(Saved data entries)
-- ===== src/Engine/Errors.antt =====
-- The retry classification of runner.go: `RetryableError`, `MarkRetryable` and `IsRetryable`.
use chamicore.Prelude.{◌≡◌, Bool, true, false, ◌||◌, Option, none, some, arith, if◌then◌else◌, ◌↔◌}
use chamicore.GoError.{
  GoError, retryable, canceled, deadline_exceeded, errors_is, as_retryable, as_net_error,
}

-- `MarkRetryable`; `none` is the nil error.
unfoldable pub mark_retryable : Option GoError → Option GoError
mark_retryable none = none
mark_retryable (some e) = some (retryable e)

-- A deadline or a cancellation that reached the error.
abbrev pub is_context_error : GoError → Bool
is_context_error e = errors_is e canceled || errors_is e deadline_exceeded

abbrev timed_out : Option Bool → Bool
timed_out none = false
timed_out (some timeout) = timeout

-- `IsRetryable` of an error that is not nil.
unfoldable pub is_retryable_error : GoError → Bool
is_retryable_error e =
    if is_context_error e
    then false
    else if as_retryable e
    then true
    else timed_out (as_net_error e)

-- `IsRetryable`.
unfoldable pub is_retryable : Option GoError → Bool
unfolding is_retryable_error
is_retryable none = false
is_retryable (some e) = is_retryable_error e

-- Marking an error makes it retryable exactly when no cancellation or deadline stands inside it.
pub is_retryable-mark_retryable :
    (e : GoError) → (is_retryable (mark_retryable (some e)) ≡ true) ↔ (is_context_error e ≡ false)
unfolding is_retryable mark_retryable errors_is as_retryable
is_retryable-mark_retryable e = ground arith
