-- ===== src/Engine/Limiter.antt =====
-- `acquireBMCLimiter` and `bmcLimiter` of runner.go: one channel for each BMC, which a worker sends
-- into before it uses the BMC and receives from when it returns. The channels are cells of a heap, the
-- map holds their addresses, and so does the function that gives a slot back.
pub mod Slots
use chamicore.Prelude.{
  ℕ, ◌+◌, ◌-◌, ◌<◌, ◌≡◌, List, [], ◌∷◌, ◌++◌, Option, none, some, ◌==◌, is_empty, if◌then◌else◌,
}
use chamicore.Prelude.Int.{pos_part}
use chamicore.Text.{Text}
use chamicore.Text.Trim.{trim_space}
use chamicore.Dict.{Dict, lookup, insert}
use chamicore.Engine.Config.{RuntimeConfig}

-- A `chan struct{}`: how many values it has room for, and how many it holds.
pub record Channel : Type 0 where
  pub capacity : ℕ
  pub held : ℕ

-- A worker in `acquireBMCLimiter` or past it, with the trimmed name of its BMC and the channel.
pub record Caller : Type 0 where
  pub bmc : Text
  pub limiter : ℕ

-- `waiting` are the workers at the select, and `running` those that have a slot.
pub record Limiters : Type 0 where
  pub by_bmc : Dict ℕ
  pub channel : ℕ → Channel
  pub next : ℕ
  pub waiting : List Caller
  pub running : List Caller

abbrev pub put : (ℕ → Channel) → ℕ → Channel → ℕ → Channel
put channel a c b = if a == b then c else channel b

abbrev pub or_make : RuntimeConfig → Text → Limiters → Option ℕ → ℕ × Limiters
or_make rc bmc l (some limiter) = (limiter, l)
or_make rc bmc l none = (
  l.next,
  record l {
    by_bmc = insert bmc l.next l.by_bmc;
    channel =
        put l.channel l.next (record { capacity = pos_part rc.per_bmc_concurrency; held = 0 });
    next = l.next + 1;
  },
)

-- `bmcLimiter`, under the lock.
unfoldable pub bmc_limiter : RuntimeConfig → Text → Limiters → ℕ × Limiters
bmc_limiter rc bmc l = or_make rc bmc l (lookup bmc l.by_bmc)

abbrev pub wait_for : Text → ℕ × Limiters → Limiters
wait_for bmc (limiter, l) = record l {
  waiting = (record { bmc = bmc; limiter = limiter }) ∷ l.waiting;
}

-- `acquireBMCLimiter` up to its select; a blank BMC has no limiter, and nothing is given back for it.
unfoldable pub ask_limiter : RuntimeConfig → Text → Limiters → Limiters
unfolding bmc_limiter
ask_limiter rc bmc_id l =
    let bmc = trim_space bmc_id in if is_empty bmc then l else wait_for bmc (bmc_limiter rc bmc l)

abbrev pub with_held : Channel → ℕ → Channel
with_held c n = record c { held = n }

-- What the workers do, one at a time; the functions under the lock are one step.
pub data LimiterStep (rc : RuntimeConfig) (l : Limiters) : Limiters → Type 0 where
  ask : (bmc_id : Text) → LimiterStep rc l (ask_limiter rc bmc_id l)
  -- The send of the select finds room.
  admit :
      (xs ys : List Caller) (c : Caller)
      → l.waiting ≡ xs ++ c ∷ ys
      → (l.channel c.limiter).held < (l.channel c.limiter).capacity
      → LimiterStep rc l (record l {
        channel =
            put l.channel c.limiter
              (with_held (l.channel c.limiter) ((l.channel c.limiter).held + 1));
        waiting = xs ++ ys;
        running = c ∷ l.running;
      })
  -- The context ends first.
  give_up :
      (xs ys : List Caller) (c : Caller)
      → l.waiting ≡ xs ++ c ∷ ys
      → LimiterStep rc l (record l { waiting = xs ++ ys })
  -- The function that was returned receives from the channel, which blocks where that is empty.
  release :
      (xs ys : List Caller) (c : Caller)
      → l.running ≡ xs ++ c ∷ ys
      → 0 < (l.channel c.limiter).held
      → LimiterStep rc l (record l {
        channel =
            put l.channel c.limiter
              (with_held (l.channel c.limiter) ((l.channel c.limiter).held - 1));
        running = xs ++ ys;
      })

pub data LimiterReach (rc : RuntimeConfig) (l : Limiters) : Limiters → Type 0 where
  here : LimiterReach rc l l
  next : {m n : Limiters} → LimiterReach rc l m → LimiterStep rc m n → LimiterReach rc l n

-- `bmcLimiters` of `New`; no cell of the heap is in use.
abbrev pub no_limiters : Limiters
no_limiters = record {
  by_bmc = [];
  channel = λ a. record { capacity = 0; held = 0 };
  next = 0;
  waiting = [];
  running = [];
}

TASK REQUIREMENTS:
Scan the records above and report every line with the string "none".

YOUR RESPONSE:
use chamicore.Prelude.{◌≡◌, Bool, true, false, ◌||◌, Option, none, some, arith, if◌then◌else◌, ◌↔◌}
-- `MarkRetryable`; `none` is the nil error.
mark_retryable none = none
timed_out none = false
is_retryable none = false
  ℕ, ◌+◌, ◌-◌, ◌<◌, ◌≡◌, List, [], ◌∷◌, ◌++◌, Option, none, some, ◌==◌, is_empty, if◌then◌else◌,
or_make rc bmc l none = (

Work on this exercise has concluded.